§ **The input**
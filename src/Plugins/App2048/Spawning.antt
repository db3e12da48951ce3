-- ===== src/Plugins/App2048/Spawning.antt =====
-- What a whole `move` in plugins/app_2048/app_2048_logic.cpp does to the sum of the board, with the tile that
-- it spawns.
use protocol_design.Prelude.{
  ◌⊎◌, ℕ, zero, suc, ◌+◌, ◌-◌, ◌^◌, ◌<◌, ◌≤◌, ◌≡◌, refl, sym, List, [], ◌∷◌, Bool, true, false, not,
  ◌==◌, length, ap, ◌∙◌, get_or, set, arith, Bool-cases, inl, inr, replicate, length-set,
  if◌then◌else◌, u32,
}
use protocol_design.Plugins.App2048.{
  Direction, Generator, Board, GameState, playing, game_over, cell_count, Progress, move,
  move_lines, after_change, spawn_random_tile, empties_from, any_move_possible,
}
use protocol_design.Plugins.App2048.Lines.{sum}
use protocol_design.Plugins.App2048.Lines.{zeros}
use protocol_design.Plugins.App2048.Gaps.{move_lines-gap, length-empties_from}
use protocol_design.Plugins.App2048.Conserved.{total-set, move_lines-sum}

abbrev IsEmptyCell : ℕ → List ℕ → ℕ → Type 0
IsEmptyCell k tiles i = (m : ℕ) × ((i ≡ k + m) × ((m < length tiles) × (get_or tiles m 0 ≡ 0)))

first_or_later :
    (k v : ℕ) (tiles : List ℕ) (j : ℕ)
    → v ≡ 0
    → ((i : ℕ)
        → i < length (empties_from (k + 1) tiles)
        → IsEmptyCell (k + 1) tiles (get_or (empties_from (k + 1) tiles) i 0))
    → empties_from k (v ∷ tiles) ≡ k ∷ empties_from (k + 1) tiles
    → j < suc (length (empties_from (k + 1) tiles))
    → IsEmptyCell k (v ∷ tiles) (get_or (empties_from k (v ∷ tiles)) j 0)
first_or_later k v tiles zero gap later e h =
    (0, (ap (λ l. get_or l 0 0) e ∙ omega arith, (omega arith, gap)))
first_or_later k v tiles (suc j) gap later e h =
    let (m, (at, (inside, empty))) = later j (omega (arith, h)) in
    (suc m, (ap (λ l. get_or l (suc j) 0) e ∙ omega (arith, at), (omega (arith, inside), empty)))

-- Each entry of `empties_from` is the index of an empty cell.
empties_from-empty :
    (k : ℕ) (tiles : List ℕ) (j : ℕ)
    → j < length (empties_from k tiles)
    → IsEmptyCell k tiles (get_or (empties_from k tiles) j 0)
unfolding empties_from
empties_from-empty k [] j h = absurd (omega arith)
empties_from-empty k (v ∷ tiles) j h = elim (Bool-cases (v == 0)) [
  | inl gap ↦
      let e : empties_from k (v ∷ tiles) ≡ k ∷ empties_from (k + 1) tiles = rw gap refl in
      first_or_later k v tiles j (ground (arith, gap)) (λ i l. empties_from-empty (k + 1) tiles i l)
        e (omega (arith, h, ap length e))
  | inr full ↦
      let e : empties_from k (v ∷ tiles) ≡ empties_from (k + 1) tiles = rw full refl in
      let (m, (at, (inside, empty))) =
        empties_from-empty (k + 1) tiles j (omega (arith, h, ap length e)) in
      (suc m, (ap (λ l. get_or l j 0) e ∙ omega (arith, at), (omega (arith, inside), empty)))
]

List-cases : (xs : List ℕ) → (xs ≡ []) ⊎ ((x : ℕ) × ((rest : List ℕ) × (xs ≡ x ∷ rest)))
List-cases [] = inl refl
List-cases (x ∷ rest) = inr (x, (rest, refl))

state-cases : (s : GameState) → (s ≡ playing) ⊎ (s ≡ game_over)
state-cases playing = inl refl
state-cases game_over = inr refl

-- As many cells, and a sum that is larger by one new tile, if the board was changed.
pub record IsGrown (changed : Bool) (before after : List ℕ) : Type 0 where
  pub added : ℕ
  pub kind : (added ≡ 2) ⊎ (added ≡ 4)
  pub same_length : length after ≡ length before
  pub grown : sum after ≡ sum before + (if changed then added else 0)

module _ (g : Generator) (fair : (n : ℕ) (rng : g.Rng) → (g.draw n rng).0 ≤ n) where
  -- Where a cell is empty, a 2 or a 4 is added.
  spawn_random_tile-IsGrown :
      (b : Board g) → 0 < zeros b.tiles → IsGrown true b.tiles (spawn_random_tile g b).tiles
  unfolding spawn_random_tile
  spawn_random_tile-IsGrown b room = elim (List-cases (empties_from 0 b.tiles)) [
    | inl e ↦ absurd (omega (arith, room, length-empties_from 0 b.tiles, ap length e))
    | inr (i, (rest, e)) ↦
        let pick = (g.draw (length (i ∷ rest) - 1) b.rng).0 in
        let roll = (g.draw 9 (g.draw (length (i ∷ rest) - 1) b.rng).1).0 in
        let v : ℕ = if roll == 0 then 4 else 2 in
        let (m, (at, (inside, empty))) =
          empties_from-empty 0 b.tiles pick
            (omega (arith, fair (length (i ∷ rest) - 1) b.rng, ap length e)) in
        let cell : get_or (i ∷ rest) pick 0 ≡ m =
          sym (ap (λ l. get_or l pick 0) e) ∙ at ∙ omega arith in
        let drawn : (spawn_random_tile g b).tiles ≡ set b.tiles (get_or (i ∷ rest) pick 0) v =
          rw (e, spawn_random_tile) refl in
        let run = drawn ∙ ap (λ k. set b.tiles k v) cell in
        record {
          added = v;
          kind = elim (Bool-cases (roll == 0)) [
            | inl four ↦ inr (rw four refl)
            | inr two ↦ inl (rw two refl)
          ];
          same_length = ap length run ∙ length-set b.tiles m v;
          grown = ap sum run ∙ omega (arith, total-set (λ x. x) b.tiles m v inside, empty);
        }
  ]

  after_change-tiles :
      (delta : ℕ) (b : Board g)
      → (after_change g delta b).tiles
        ≡ (spawn_random_tile g (record b { score = u32 (b.score + delta) })).tiles
  unfolding after_change
  after_change-tiles delta b =
      let spawned = spawn_random_tile g (record b { score = u32 (b.score + delta) }) in
      elim (Bool-cases (not (any_move_possible spawned.tiles))) [
        | inl over ↦ rw over refl
        | inr on ↦ rw on refl
      ]

  -- On a board of 16 tiles whose sum fits 32 bits, a move in any direction keeps the number of tiles,
  -- and their sum but for the tile that is spawned: if the move says that it changed the board, the
  -- sum grows by 2 or by 4, and otherwise it stays. The random generator draws no
  -- number above the bound that it is given.
  pub move-IsGrown :
      (d : Direction) (b : Board g)
      → length b.tiles ≡ 16
      → sum b.tiles < 2 ^ 32
      → IsGrown (move g d b).0.changed b.tiles (move g d b).1.tiles
  unfolding move
  move-IsGrown d b sixteen fits = elim (state-cases b.state) [
    | inl on ↦
        let start : Progress = record {
          tiles = b.tiles;
          merged = replicate cell_count false;
          changed = false;
          merged_any = false;
          score_delta = 0;
        } in
        let p = move_lines d start in
        let (cells, same) = move_lines-sum d start sixteen fits in
        elim (Bool-cases p.changed) [
          | inl changed ↦
              let moved : Board g = record b {
                tiles = p.tiles;
                merged = p.merged;
                state = playing;
              } in
              let room : 0 < zeros p.tiles = elim (move_lines-gap d start sixteen refl) [
                | inl still ↦ absurd (ground (arith, still, changed))
                | inr gap ↦ gap
              ] in
              let new =
                spawn_random_tile-IsGrown (record moved { score = u32 (b.score + p.score_delta) })
                  room in
              let run : (move g d b).1.tiles
                  ≡ (spawn_random_tile g
                      (record moved { score = u32 (b.score + p.score_delta) })).tiles =
                rw (on, changed) (after_change-tiles p.score_delta moved) in
              let flag : (move g d b).0.changed ≡ true = rw (on, changed) refl in
              record {
                added = new.added;
                kind = new.kind;
                same_length = ap length run ∙ omega (arith, new.same_length, cells, sixteen);
                grown = rw flag (ap sum run ∙ omega (arith, new.grown, same));
              }
          | inr still ↦
              let run : (move g d b).1.tiles ≡ p.tiles = rw (on, still) refl in
              let flag : (move g d b).0.changed ≡ false = rw (on, still) refl in
              record {
                added = 2;
                kind = inl refl;
                same_length = ap length run ∙ omega (arith, cells, sixteen);
                grown = rw flag (ap sum run ∙ omega (arith, same));
              }
        ]
    | inr over ↦
        let run : (move g d b).1.tiles ≡ b.tiles = rw over refl in
        let flag : (move g d b).0.changed ≡ false = rw over refl in
        record {
          added = 2;
          kind = inl refl;
          same_length = ap length run;
          grown = rw flag (ap sum run ∙ omega arith);
        }
  ]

§ **The task**
Transcribe, please, every line from the first line of the listing above through the line with "abbrev IsEmptyCell : ℕ → List ℕ → ℕ → Type 0". Keep both ends and nothing else.

§ **Task answer**
filename src/Plugins/App2048/Spawning.antt
repository db3e12da48951ce3
-- ===== src/Plugins/App2048/Spawning.antt =====
-- What a whole `move` in plugins/app_2048/app_2048_logic.cpp does to the sum of the board, with the tile that
-- it spawns.
use protocol_design.Prelude.{
  ◌⊎◌, ℕ, zero, suc, ◌+◌, ◌-◌, ◌^◌, ◌<◌, ◌≤◌, ◌≡◌, refl, sym, List, [], ◌∷◌, Bool, true, false, not,
  ◌==◌, length, ap, ◌∙◌, get_or, set, arith, Bool-cases, inl, inr, replicate, length-set,
  if◌then◌else◌, u32,
}
use protocol_design.Plugins.App2048.{
  Direction, Generator, Board, GameState, playing, game_over, cell_count, Progress, move,
  move_lines, after_change, spawn_random_tile, empties_from, any_move_possible,
}
use protocol_design.Plugins.App2048.Lines.{sum}
use protocol_design.Plugins.App2048.Lines.{zeros}
use protocol_design.Plugins.App2048.Gaps.{move_lines-gap, length-empties_from}
use protocol_design.Plugins.App2048.Conserved.{total-set, move_lines-sum}

abbrev IsEmptyCell : ℕ → List ℕ → ℕ → Type 0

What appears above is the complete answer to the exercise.